◆ Try it
Could you please return each line of the data that has the word "rest"?

Collected data entries
____________

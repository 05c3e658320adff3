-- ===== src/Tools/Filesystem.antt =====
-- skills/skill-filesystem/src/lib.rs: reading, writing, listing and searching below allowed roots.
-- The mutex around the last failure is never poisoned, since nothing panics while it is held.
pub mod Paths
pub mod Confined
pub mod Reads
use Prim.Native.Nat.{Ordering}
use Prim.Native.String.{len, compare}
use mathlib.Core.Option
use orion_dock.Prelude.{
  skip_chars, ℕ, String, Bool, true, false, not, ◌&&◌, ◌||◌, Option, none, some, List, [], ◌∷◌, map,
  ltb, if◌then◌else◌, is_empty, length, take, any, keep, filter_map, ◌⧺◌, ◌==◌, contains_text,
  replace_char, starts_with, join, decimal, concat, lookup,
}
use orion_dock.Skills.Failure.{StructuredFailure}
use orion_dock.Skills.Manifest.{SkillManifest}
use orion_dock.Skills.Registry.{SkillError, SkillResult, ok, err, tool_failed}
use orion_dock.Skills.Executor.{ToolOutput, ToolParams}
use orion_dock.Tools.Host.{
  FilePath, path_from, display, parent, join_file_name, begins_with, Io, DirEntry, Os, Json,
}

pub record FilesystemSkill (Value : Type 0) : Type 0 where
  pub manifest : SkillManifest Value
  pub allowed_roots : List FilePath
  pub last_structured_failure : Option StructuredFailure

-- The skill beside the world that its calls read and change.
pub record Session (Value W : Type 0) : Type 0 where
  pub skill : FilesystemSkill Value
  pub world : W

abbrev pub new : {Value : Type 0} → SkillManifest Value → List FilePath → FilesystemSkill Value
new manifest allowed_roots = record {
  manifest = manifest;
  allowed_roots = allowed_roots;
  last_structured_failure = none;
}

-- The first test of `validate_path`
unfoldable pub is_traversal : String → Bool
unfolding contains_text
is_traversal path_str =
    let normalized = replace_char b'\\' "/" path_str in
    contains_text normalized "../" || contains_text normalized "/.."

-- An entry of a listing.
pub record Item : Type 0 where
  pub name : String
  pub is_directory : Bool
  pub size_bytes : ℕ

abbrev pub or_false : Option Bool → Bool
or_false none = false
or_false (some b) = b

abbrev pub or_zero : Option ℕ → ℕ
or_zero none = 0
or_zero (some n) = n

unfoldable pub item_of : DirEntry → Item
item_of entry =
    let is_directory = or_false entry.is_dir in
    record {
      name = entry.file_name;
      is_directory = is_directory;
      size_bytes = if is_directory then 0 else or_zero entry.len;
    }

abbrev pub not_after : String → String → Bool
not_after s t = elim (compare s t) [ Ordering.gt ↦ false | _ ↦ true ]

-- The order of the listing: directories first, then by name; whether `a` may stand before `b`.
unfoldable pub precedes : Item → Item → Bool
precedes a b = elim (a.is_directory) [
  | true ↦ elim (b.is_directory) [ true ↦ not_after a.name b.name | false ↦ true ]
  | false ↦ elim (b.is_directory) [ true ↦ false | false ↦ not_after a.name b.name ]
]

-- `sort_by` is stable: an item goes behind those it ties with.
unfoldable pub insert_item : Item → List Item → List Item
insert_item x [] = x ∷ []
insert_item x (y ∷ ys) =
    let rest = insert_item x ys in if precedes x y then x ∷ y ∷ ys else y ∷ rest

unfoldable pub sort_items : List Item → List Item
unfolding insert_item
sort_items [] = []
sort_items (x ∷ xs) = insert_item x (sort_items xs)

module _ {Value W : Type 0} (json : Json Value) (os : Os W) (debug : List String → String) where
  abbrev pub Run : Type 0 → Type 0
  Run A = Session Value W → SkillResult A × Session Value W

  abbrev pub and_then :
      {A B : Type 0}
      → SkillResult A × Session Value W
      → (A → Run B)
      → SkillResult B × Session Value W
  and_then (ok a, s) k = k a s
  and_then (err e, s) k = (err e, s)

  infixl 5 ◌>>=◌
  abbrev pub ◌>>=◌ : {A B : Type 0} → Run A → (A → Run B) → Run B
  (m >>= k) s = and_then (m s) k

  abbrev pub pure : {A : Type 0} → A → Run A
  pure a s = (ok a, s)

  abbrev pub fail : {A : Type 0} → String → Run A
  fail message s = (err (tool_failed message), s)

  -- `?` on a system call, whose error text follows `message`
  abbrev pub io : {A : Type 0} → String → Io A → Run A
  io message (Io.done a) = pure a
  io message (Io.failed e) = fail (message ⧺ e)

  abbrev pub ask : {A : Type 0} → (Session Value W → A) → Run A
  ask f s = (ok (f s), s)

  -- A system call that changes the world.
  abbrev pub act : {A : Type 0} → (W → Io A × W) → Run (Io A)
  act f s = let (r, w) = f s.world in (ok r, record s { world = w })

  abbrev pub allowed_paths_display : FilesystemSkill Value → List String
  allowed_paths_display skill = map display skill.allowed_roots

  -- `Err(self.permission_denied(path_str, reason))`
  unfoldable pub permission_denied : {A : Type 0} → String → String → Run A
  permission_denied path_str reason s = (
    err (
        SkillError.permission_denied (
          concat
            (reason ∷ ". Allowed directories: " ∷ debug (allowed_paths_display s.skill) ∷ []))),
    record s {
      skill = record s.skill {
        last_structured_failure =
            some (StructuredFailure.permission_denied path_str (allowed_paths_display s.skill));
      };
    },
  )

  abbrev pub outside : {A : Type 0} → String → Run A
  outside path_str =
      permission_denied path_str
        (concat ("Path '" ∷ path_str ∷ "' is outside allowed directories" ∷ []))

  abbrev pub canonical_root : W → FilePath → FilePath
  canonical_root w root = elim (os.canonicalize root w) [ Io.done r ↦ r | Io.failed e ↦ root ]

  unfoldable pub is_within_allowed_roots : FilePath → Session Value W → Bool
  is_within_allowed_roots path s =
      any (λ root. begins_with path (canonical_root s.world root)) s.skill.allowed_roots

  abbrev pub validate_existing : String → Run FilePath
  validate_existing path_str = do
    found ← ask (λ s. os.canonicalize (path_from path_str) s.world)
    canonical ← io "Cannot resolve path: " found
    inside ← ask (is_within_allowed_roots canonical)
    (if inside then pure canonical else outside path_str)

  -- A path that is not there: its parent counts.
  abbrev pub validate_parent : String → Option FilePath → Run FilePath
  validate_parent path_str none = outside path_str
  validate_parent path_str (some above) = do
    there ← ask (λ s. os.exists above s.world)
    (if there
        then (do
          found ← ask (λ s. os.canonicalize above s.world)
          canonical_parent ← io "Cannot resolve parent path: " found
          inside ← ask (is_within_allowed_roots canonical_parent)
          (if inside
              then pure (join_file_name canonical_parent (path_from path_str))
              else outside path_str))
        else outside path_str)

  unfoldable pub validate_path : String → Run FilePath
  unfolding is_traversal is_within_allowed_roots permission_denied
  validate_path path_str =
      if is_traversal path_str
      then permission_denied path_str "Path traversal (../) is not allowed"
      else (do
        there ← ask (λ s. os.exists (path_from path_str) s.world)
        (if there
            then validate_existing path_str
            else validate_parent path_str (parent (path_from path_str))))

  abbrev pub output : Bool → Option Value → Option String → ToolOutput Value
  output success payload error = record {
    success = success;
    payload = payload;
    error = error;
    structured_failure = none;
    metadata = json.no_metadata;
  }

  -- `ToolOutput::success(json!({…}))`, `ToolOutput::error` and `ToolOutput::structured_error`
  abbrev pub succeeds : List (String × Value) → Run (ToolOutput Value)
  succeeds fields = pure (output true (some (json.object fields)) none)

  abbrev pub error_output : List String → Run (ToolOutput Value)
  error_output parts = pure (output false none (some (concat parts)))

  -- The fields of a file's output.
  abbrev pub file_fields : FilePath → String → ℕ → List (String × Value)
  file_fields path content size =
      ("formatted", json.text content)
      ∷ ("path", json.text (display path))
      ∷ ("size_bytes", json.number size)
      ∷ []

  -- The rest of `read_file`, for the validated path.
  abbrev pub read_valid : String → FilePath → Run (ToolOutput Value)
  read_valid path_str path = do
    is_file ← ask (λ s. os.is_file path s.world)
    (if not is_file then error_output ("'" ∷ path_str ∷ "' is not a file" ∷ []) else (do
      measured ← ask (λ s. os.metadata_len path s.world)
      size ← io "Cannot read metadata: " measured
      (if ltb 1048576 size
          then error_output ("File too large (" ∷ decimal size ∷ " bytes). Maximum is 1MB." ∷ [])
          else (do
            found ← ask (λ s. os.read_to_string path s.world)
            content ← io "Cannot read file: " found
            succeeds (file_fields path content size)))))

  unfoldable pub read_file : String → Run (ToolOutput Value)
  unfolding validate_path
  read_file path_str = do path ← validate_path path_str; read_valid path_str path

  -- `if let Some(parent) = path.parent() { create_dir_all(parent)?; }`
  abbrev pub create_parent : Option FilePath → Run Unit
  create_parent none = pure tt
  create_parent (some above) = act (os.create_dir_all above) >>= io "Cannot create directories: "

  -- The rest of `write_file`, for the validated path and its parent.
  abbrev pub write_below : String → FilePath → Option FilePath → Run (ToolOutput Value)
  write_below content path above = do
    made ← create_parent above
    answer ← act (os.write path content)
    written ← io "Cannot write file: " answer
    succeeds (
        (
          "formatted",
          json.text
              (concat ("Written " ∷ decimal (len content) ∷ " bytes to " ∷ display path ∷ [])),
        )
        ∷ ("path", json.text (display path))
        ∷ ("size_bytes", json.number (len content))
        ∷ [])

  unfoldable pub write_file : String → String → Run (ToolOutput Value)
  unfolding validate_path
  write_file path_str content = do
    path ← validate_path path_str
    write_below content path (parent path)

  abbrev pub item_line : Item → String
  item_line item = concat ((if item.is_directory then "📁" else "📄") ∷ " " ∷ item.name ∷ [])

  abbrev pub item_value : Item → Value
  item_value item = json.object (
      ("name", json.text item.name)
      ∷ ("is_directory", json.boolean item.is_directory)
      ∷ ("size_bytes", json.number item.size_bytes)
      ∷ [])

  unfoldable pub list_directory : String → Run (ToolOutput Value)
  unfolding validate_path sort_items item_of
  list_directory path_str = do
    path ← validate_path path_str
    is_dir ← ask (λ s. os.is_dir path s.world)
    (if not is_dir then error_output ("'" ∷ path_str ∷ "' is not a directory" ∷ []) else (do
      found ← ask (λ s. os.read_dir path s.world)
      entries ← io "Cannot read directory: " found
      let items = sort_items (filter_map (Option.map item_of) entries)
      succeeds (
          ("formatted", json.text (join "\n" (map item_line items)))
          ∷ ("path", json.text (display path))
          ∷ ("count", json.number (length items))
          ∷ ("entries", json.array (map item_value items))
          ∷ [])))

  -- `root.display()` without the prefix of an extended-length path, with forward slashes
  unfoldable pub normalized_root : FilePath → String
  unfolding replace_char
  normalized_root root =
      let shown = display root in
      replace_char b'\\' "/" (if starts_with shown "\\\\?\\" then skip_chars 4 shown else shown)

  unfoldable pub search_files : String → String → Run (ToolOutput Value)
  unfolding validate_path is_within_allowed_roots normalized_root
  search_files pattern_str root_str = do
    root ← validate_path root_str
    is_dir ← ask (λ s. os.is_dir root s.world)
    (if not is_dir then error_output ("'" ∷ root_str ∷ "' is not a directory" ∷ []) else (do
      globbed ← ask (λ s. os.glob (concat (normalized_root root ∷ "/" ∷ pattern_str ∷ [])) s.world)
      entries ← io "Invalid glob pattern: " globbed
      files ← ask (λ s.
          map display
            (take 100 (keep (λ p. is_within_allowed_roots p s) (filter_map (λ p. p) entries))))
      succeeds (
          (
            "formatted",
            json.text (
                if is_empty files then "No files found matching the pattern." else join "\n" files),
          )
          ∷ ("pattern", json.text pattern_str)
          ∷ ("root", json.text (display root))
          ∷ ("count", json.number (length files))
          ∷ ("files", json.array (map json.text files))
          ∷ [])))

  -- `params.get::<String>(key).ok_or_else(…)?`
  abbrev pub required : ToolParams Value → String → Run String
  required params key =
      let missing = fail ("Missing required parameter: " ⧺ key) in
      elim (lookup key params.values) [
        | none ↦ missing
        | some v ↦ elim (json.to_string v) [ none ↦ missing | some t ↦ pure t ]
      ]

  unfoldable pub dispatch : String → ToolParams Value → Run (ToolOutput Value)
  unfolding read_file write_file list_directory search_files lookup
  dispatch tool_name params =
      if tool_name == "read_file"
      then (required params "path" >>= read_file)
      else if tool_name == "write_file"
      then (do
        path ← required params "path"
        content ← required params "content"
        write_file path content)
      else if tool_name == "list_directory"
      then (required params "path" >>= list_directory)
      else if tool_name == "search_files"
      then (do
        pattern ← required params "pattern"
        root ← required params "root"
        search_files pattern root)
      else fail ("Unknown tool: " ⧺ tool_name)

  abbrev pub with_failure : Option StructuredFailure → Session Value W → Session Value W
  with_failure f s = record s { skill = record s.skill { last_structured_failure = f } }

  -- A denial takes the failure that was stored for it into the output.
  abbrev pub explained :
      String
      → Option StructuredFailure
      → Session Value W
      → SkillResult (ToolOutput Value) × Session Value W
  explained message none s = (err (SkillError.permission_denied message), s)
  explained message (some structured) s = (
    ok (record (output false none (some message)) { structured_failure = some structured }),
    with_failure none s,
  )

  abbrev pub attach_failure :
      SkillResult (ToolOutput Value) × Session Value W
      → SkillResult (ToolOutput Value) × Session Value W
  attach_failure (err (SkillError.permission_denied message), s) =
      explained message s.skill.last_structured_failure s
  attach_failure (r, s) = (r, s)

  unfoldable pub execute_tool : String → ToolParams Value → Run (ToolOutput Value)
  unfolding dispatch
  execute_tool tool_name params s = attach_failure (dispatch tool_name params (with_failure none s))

____________

◆ Solved exercise
    let rest = insert_item x ys in if precedes x y then x ∷ y ∷ ys else y ∷ rest
  -- The rest of `read_file`, for the validated path.
  -- The rest of `write_file`, for the validated path and its parent.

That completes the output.